Gaia Energy, une entreprise marocaine, a signé un accord avec l'entreprise israélienne H2Pro pour collaborer dans la recherche et la fabrication d'électrolyseurs de nouvelle génération. Récemment, le groupe belge John Cockerill a annoncé la création d'une coentreprise avec un industriel marocain dans le but de produire des électrolyseurs alcalins au Maroc. Cette usine sera la première du genre en Afrique.
La locomotive OCP
Pour réussir à l'émergence d'un écosystème d'hydrogène vert au Maroc, la locomotive sera l'OCP. L'office a en effet adopté une ambitieuse stratégie 2023-2027, dont un des axes est le développement d'une production locale d'hydrogène vert. L'entreprise publique compte produire un million de tonnes d'ammoniac vert à l'horizon 2027, et 3 millions de tonnes à l'horizon 2032. Cet ammoniac sera produit à base d'hydrogène vert et d'azote vert.
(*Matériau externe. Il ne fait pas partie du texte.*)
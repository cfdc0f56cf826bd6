-- ===== src/Auth/Sessions.antt =====
-- What a new session is found by, and until when.
use ollama_remote_control.Prelude.{
  require-eq-ok, ℕ, ◌+◌, ◌≤◌, ◌<◌, ◌≡◌, refl, sym, ap, ◌∙◌, inl, inr, Bool, true, false, ◌&&◌,
  Bool-cases, Option, none, some, List, [], ◌∷◌, ◌++◌, arith, ltb, text_eq, text_eq_self, any, find,
  Result, ok, err, bind-eq-ok, ok-injective,
}
use ollama_remote_control.Modelfile.Chars.{Text, is_empty, trim}
use ollama_remote_control.Auth.Store.{
  joined_session, AuthStoreError, StoredUser, SessionRow, StoredSession, AuthTables, create_session,
  clashes, is_user, is_active_session, with_user, find_active_session_by_token_hash,
  find_user_by_username, text_before,
}
use ollama_remote_control.Auth.Service.{
  login_found, assert_login_input_bounded, CreatedSession, session_row, stored_session, login_user,
  login, get_session,
}

-- What an insertion has checked.
pub record IsInserted (row : SessionRow) (t u : AuthTables) : Type 0 where
  pub fresh : any (clashes row) t.sessions ≡ false
  pub has_user : any (is_user row.user_id) t.users ≡ true
  pub same_users : u.users ≡ t.users
  pub appended : u.sessions ≡ t.sessions ++ (row ∷ [])

pub create_session-IsInserted :
    (row : SessionRow) (t : AuthTables) {u : AuthTables}
    → create_session row t ≡ ok u
    → IsInserted row t u
unfolding create_session
create_session-IsInserted row t {u} h = elim (Bool-cases (any (clashes row) t.sessions)) [
  | inl e ↦ absurd (cc (rw e at h))
  | inr e ↦ elim (Bool-cases (any (is_user row.user_id) t.users)) [
    | inl f ↦
        let made : record t { sessions = t.sessions ++ (row ∷ []) } ≡ u =
          ok-injective (rw (e, f) at h) in
        record {
          fresh = e;
          has_user = f;
          same_users = ap (λ v. v.users) (sym made);
          appended = ap (λ v. v.sessions) (sym made);
        }
    | inr f ↦ absurd (cc (rw (e, f) at h))
  ]
]

any-find {ℓ} :
    {A : Type ℓ} (p : A → Bool) (xs : List A) → any p xs ≡ true → (x : A) × (find p xs ≡ some x)
unfolding any
any-find p [] h = absurd (cc h)
any-find p (x ∷ xs) h = elim (Bool-cases (p x)) [
  | inl e ↦ (x, rw (e, find) refl)
  | inr e ↦ let (y, f) = any-find p xs (rw e at h) in (y, rw (e, find) f)
]

module _ (row : SessionRow) (now_iso : Text) (users : List StoredUser) where
  abbrev wanted : SessionRow → Bool
  wanted s = is_active_session row.token_hash now_iso s && any (is_user s.user_id) users

  -- Rows that do not clash with a row are not found by its hash.
  find-fresh :
      (ss : List SessionRow)
      → any (clashes row) ss ≡ false
      → find wanted (ss ++ row ∷ []) ≡ find wanted (row ∷ [])
  unfolding any
  find-fresh [] h = refl
  find-fresh (s ∷ ss) h = elim (Bool-cases (text_eq s.token_hash row.token_hash)) [
    | inl e ↦ absurd (ground (arith, h, e))
    | inr e ↦ rw (e, find) (find-fresh ss (ground (arith, h)))
  ]

find-any-found {ℓ} :
    {A : Type ℓ} (p : A → Bool) (xs : List A) {x : A} → find p xs ≡ some x → p x ≡ true
find-any-found p [] h = absurd (cc h)
find-any-found p (x ∷ xs) {x = y} h = elim (Bool-cases (p x)) [
  | inl e ↦ let same : x ≡ y = cc (rw (e, find) at h) in rw (← same) e
  | inr e ↦ find-any-found p xs (rw (e, find) at h)
]

-- The row that was inserted is what its hash finds, until it expires.
IsInserted-find :
    (row : SessionRow) (now_iso : Text) {t u : AuthTables}
    → IsInserted row t u
    → find (wanted row now_iso u.users) u.sessions ≡ find (wanted row now_iso u.users) (row ∷ [])
IsInserted-find row now_iso {t} {u} made =
    rw made.appended (find-fresh row now_iso u.users t.sessions made.fresh)

wanted_row :
    (row : SessionRow) (now_iso : Text) {t u : AuthTables}
    → row.revoked_at ≡ none
    → IsInserted row t u
    → wanted row now_iso u.users row ≡ text_before now_iso row.expires_at
wanted_row row now_iso unrevoked made =
    rw (unrevoked, made.same_users, text_eq_self row.token_hash) (ground (arith, made.has_user))

IsInserted-active :
    (row : SessionRow) (now_iso : Text) {t u : AuthTables}
    → row.revoked_at ≡ none
    → IsInserted row t u
    → text_before now_iso row.expires_at ≡ true
    → (s : StoredSession) × (find_active_session_by_token_hash row.token_hash now_iso u ≡ some s)
      × (s.row ≡ row)
unfolding find_active_session_by_token_hash
IsInserted-active row now_iso {t} {u} unrevoked made early =
    let user = any-find (is_user row.user_id) u.users (rw made.same_users made.has_user) in
    let first : find (wanted row now_iso u.users) u.sessions ≡ some row =
      IsInserted-find row now_iso made
      ∙ rw (wanted_row row now_iso unrevoked made ∙ early, find) refl in
    (
      with_user row user.0,
      ap (joined_session u.users) first ∙ rw (user.1, joined_session) refl,
      refl,
    )

IsInserted-expired :
    (row : SessionRow) (now_iso : Text) {t u : AuthTables}
    → row.revoked_at ≡ none
    → IsInserted row t u
    → text_before now_iso row.expires_at ≡ false
    → find_active_session_by_token_hash row.token_hash now_iso u ≡ none
unfolding find_active_session_by_token_hash
IsInserted-expired row now_iso {t} {u} unrevoked made late =
    let first : find (wanted row now_iso u.users) u.sessions ≡ none =
      IsInserted-find row now_iso made
      ∙ rw (wanted_row row now_iso unrevoked made ∙ late, find) refl in
    ap (joined_session u.users) first

stored_session-eq-ok :
    (r : Result AuthStoreError AuthTables) {u : AuthTables} → stored_session r ≡ ok u → r ≡ ok u
stored_session-eq-ok (ok t) h = ap ok (ok-injective h)
stored_session-eq-ok (err e) h = absurd (cc h)

module _ (digest_token : Text → Text) (hash : Text → Text) (verify : Text → Text → Bool)
    (bytes : Text → List ℕ) (iso : ℕ → Text) (session_ttl_ms : ℕ) where
  -- What a login has done when it answers.
  pub record IsLogin (password token csrf id : Text) (now : ℕ) (later : AuthTables)
      (created : CreatedSession) (u : AuthTables) : Type 0 where
    pub user : StoredUser
    pub verified : verify user.password_hash password ≡ true
    pub made :
        IsInserted
          (session_row digest_token hash verify bytes iso session_ttl_ms user token csrf id now)
          later
          u
    pub same_token : created.token ≡ token
    pub same_user : created.user.id ≡ user.id

  login_user-IsLogin :
      (user : StoredUser) (password token csrf id : Text) (now : ℕ) (later : AuthTables)
      {created : CreatedSession} {u : AuthTables}
      → login_user digest_token hash verify bytes iso session_ttl_ms user password token csrf id now
          later
        ≡ ok (created, u)
      → IsLogin password token csrf id now later created u
  unfolding login_user
  login_user-IsLogin user password token csrf id now later {created} {u} h =
      let (_, passed, h1) = bind-eq-ok _ _ h in
      let (t, stored, h2) = bind-eq-ok _ _ h1 in
      let pair = ok-injective h2 in
      record {
        user = user;
        verified = require-eq-ok _ _ passed;
        made =
            rw (← ap (λ p. p.1) pair)
              (create_session-IsInserted _ later (stored_session-eq-ok _ stored));
        same_token = ap (λ p. p.0.token) (sym pair);
        same_user = ap (λ p. p.0.user.id) (sym pair);
      }

  login_found-IsLogin :
      (found : Option StoredUser) (password token csrf id : Text) (now : ℕ) (later : AuthTables)
      {created : CreatedSession} {u : AuthTables}
      → login_found digest_token hash verify bytes iso session_ttl_ms found password token csrf id
          now later
        ≡ ok (created, u)
      → IsLogin password token csrf id now later created u
  unfolding login_found
  login_found-IsLogin none password token csrf id now later h = absurd (cc h)
  login_found-IsLogin (some user) password token csrf id now later h =
      login_user-IsLogin user password token csrf id now later h

  pub login-IsLogin :
      (username password token csrf id : Text) (now : ℕ) (t later : AuthTables)
      {created : CreatedSession} {u : AuthTables}
      → login digest_token hash verify bytes iso session_ttl_ms username password token csrf id now
          t later
        ≡ ok (created, u)
      → IsLogin password token csrf id now later created u
  unfolding login
  login-IsLogin username password token csrf id now t later h =
      let (_, bounded, h1) = bind-eq-ok (assert_login_input_bounded username password) _ h in
      login_found-IsLogin (find_user_by_username (trim username) t) password token csrf id now later
        h1

  -- After a login that answers, the token of its answer finds a session of the user that it answered
  -- until the time to live is over, and none from then on: in the tables that the login left, where
  -- the token is not empty, and where `toISOString` writes the times that are compared in their order,
  -- which it does up to the year 9999.
  pub login-session :
      (username password token csrf id : Text) (now : ℕ) (t later : AuthTables)
      {created : CreatedSession} {u : AuthTables}
      → login digest_token hash verify bytes iso session_ttl_ms username password token csrf id now
          t later
        ≡ ok (created, u)
      → is_empty token ≡ false
      → (at : ℕ) → text_before (iso at) (iso (now + session_ttl_ms)) ≡ ltb at (now + session_ttl_ms)
      → (at < now + session_ttl_ms
          → (s : StoredSession) × (get_session digest_token hash verify bytes iso session_ttl_ms
                (some created.token)
                at
                u
              ≡ some s)
            × (s.row.user_id ≡ created.user.id))
        × (now + session_ttl_ms ≤ at
            → get_session digest_token hash verify bytes iso session_ttl_ms
                (some created.token)
                at
                u
              ≡ none)
  unfolding get_session
  login-session username password token csrf id now t later done given at sorted =
      let did = login-IsLogin username password token csrf id now t later done in
      (
        λ early.
            let found =
              IsInserted-active _ (iso at) refl did.made (sorted ∙ ground (arith, early)) in
            rw (did.same_token, given)
              (found.0, found.1, ap (λ r. r.user_id) found.2 ∙ sym did.same_user),
        λ over.
            rw (did.same_token, given)
              (IsInserted-expired _ (iso at) refl did.made (sorted ∙ ground (arith, over))),
      )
Cet hydrogène vert sera ainsi produit localement, et constitue les premières fondations de la stratégie marocaine dans ce domaine. Cela permettra d'attirer des entreprises étrangères spécialisées dans le domaine, et de former et mettre à niveau une main d'œuvre qualifiée.
L'Institut de recherche en énergie solaire et en énergies nouvelles (IRESEN), l'Université Mohammed VI polytechnique (UM6P) et le Groupe OCP ont depuis 2021 établi une plateforme de recherche dans ce domaine, visant à développer localement les technologies nécessaires au déploiement de l'hydrogène vert à grande échelle.